The mite has since swept across Canada, enabled by a reproductive quirk: female mites mate with their own sons to produce offspring, meaning a single mite can power an entire infestation.

But thanks to a literal moat around Newfoundland, a largely unpopulated border between Labrador and Quebec, and laws that strictly control bee importation, the mite has not made its way yet to the country's easternmost edge.

Feeling that's only a matter of time, beekeepers in the province have been busy, coming up with a prevention plan and defence strategy against the mite in 2020.

But nearly a year later, one of its co-authors is pessimistic about the chances for the plan's success.

"I was naive," said Peter Armitage, who runs Four Cousins Honey, a company based on the Bonavista Peninsula.

When he began working on the plan, Armitage thought enough of the province's beekeepers would play along. But as beekeeping explodes in popularity in Newfoundland and Labrador — from an estimated six beekeepers in 2010 to now about 130 — he isn't so sure.

"I think that we are forever going to be faced with this challenge of one individual who for whatever reason … they do an illegal importation and then — bang," he said.

Lindsay Bird/CBC
Lindsay Bird/CBC

His illicit importation fears aren't far-fetched. This summer, Canada Post caught an illegal queen bee in the mail, sparking a provincial investigation into who ordered it.

Armitage said that incident "should be a wakeup call." He compared his crusade to the Greek myth of Cassandra, who was cursed with being able to predict the future, but not be believed, after spurning the god Apollo.

'Time capsule' bees

Another of the study's co-authors, however, maintains optimism in the face of long odds.

"Hopefully, we can get everyone on board to say, 'Yes, this is important and we're going to take the right steps,'" said David Peck, an expert in honeybee parasites and a research associate at Cornell University in New York.

Peck has been fascinated by the province's bees since his PhD work on how bees in New York were evolving to cope with varroa.

"These mite-free bees in Newfoundland were this very rare sort of time capsule of bees that are very hard to find anywhere on the planet," he said. They're now a control group, he said, "for the entire planet's experiment of what happens when varroa mites and bees meet one another."

"So being able to go in and preserve that population was very important to me."

Submitted by David Peck
Submitted by David Peck

There are efforts underway to breed a mite-resistant bee, and having varroa-free bees as a control group in that work is invaluable, he said.

Even if the varroa plan fails, Peck said, knowing what aspects of it worked and what didn't can be useful when the next honeybee parasite arises.

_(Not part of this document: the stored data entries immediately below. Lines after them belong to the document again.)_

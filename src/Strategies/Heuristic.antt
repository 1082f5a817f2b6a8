-- ===== src/Strategies/Heuristic.antt =====
-- src/strategies/heuristic.rs: chunks scaled by liquidity and by smoothed volatility.
pub mod Seller
use strata_exec.Prelude.{Bool, true, false, List, [], ◌∷◌, if◌then◌else◌}
use strata_exec.Float.{Float, ◌⊕◌, ◌⊖◌, ◌⊗◌, ◌⊘◌, ◌<?◌, ◌≤?◌, lit, nought, fmin, fmax, clamp}
use strata_exec.Events.{Order, market_sell, SimEvent, time_tick, order_filled, partial_fill}
use strata_exec.Market.{MarketState, LiquiditySnapshot, depth_metric}
use strata_exec.Strategies.Ids.{OrderIds, fetch_add}

pub record HeuristicStrategy (F : Type 0) : Type 0 where
  pub base_chunk : F
  pub sigma_ref : F
  pub liquidity_ref : F
  pub alpha : F
  pub beta : F
  pub remaining_notional : F
  pub completed : Bool
  pub sigma_ema : F

module _ {F : Type 0} ⦃f : Float F⦄ where
  unfoldable pub new_heuristic : F → F → F → F → HeuristicStrategy F
  new_heuristic base_chunk sigma_ref liquidity_ref total_notional = record {
    base_chunk = base_chunk;
    sigma_ref = sigma_ref;
    liquidity_ref = liquidity_ref;
    alpha = lit 1 2;
    beta = lit 5 3;
    remaining_notional = total_notional;
    completed = false;
    sigma_ema = sigma_ref;
  }

  unfoldable pub predict_slippage : HeuristicStrategy F → F → F → F → F
  unfolding fmax
  predict_slippage s chunk liq volatility =
      s.alpha ⊗ (chunk ⊘ fmax liq (lit 1 8)) ⊕ s.beta ⊗ volatility

  unfoldable pub compute_chunk :
      HeuristicStrategy F → F → LiquiditySnapshot F → F → HeuristicStrategy F × F
  unfolding clamp fmin fmax
  compute_chunk s volatility liquidity remaining_notional =
      let sigma_ema = lit 95 2 ⊗ s.sigma_ema ⊕ lit 5 2 ⊗ volatility in
      let liq = depth_metric liquidity in
      let liquidity_factor = clamp (liq ⊘ s.liquidity_ref) (lit 25 2) (lit 2 0) in
      let volatility_factor = clamp (sigma_ema ⊘ fmax volatility (lit 1 8)) (lit 25 2) (lit 2 0) in
      let adaptive_chunk = s.base_chunk ⊗ liquidity_factor ⊗ volatility_factor in
      (record s { sigma_ema = sigma_ema }, fmin adaptive_chunk remaining_notional)

  unfoldable pub record_fill : HeuristicStrategy F → F → HeuristicStrategy F
  record_fill s qty =
      let remaining = s.remaining_notional ⊖ qty in
      let over = remaining ≤? lit 1 8 in
      record s {
        remaining_notional = if over then nought else remaining;
        completed = if over then true else s.completed;
      }

  unfoldable pub on_tick :
      OrderIds
      → HeuristicStrategy F
      → MarketState F
      → OrderIds × HeuristicStrategy F × List (Order F)
  unfolding compute_chunk fetch_add
  on_tick ids s market =
      let (s', chunk) = compute_chunk s market.volatility market.liquidity s.remaining_notional in
      if s.completed
      then (ids, s, [])
      else if lit 1 10 <? chunk
      then (
        record ids { heuristic = fetch_add ids.heuristic },
        s',
        market_sell ids.heuristic "Heuristic" chunk ∷ [],
      )
      else (ids, s', [])

  unfoldable pub on_event :
      OrderIds
      → HeuristicStrategy F
      → SimEvent F
      → MarketState F
      → OrderIds × HeuristicStrategy F × List (Order F)
  unfolding on_tick record_fill
  on_event ids s (time_tick _) market = on_tick ids s market
  on_event ids s (order_filled _ qty _ _) market = (ids, record_fill s qty, [])
  on_event ids s (partial_fill _ filled _ _) market = (ids, record_fill s filled, [])
  on_event ids s _ market = (ids, s, [])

Despite an uncertain future, both Armitage and Samms are following the plan's recommendations, with Armitage hoping the provincial government will also get behind it.

Varroa could hurt the burgeoning bee industry in the province, he said, as well as complicate the province's push to ramp up its agricultural sector.

"We have a kind of a blissful state here, and it would be nice to keep this," he said.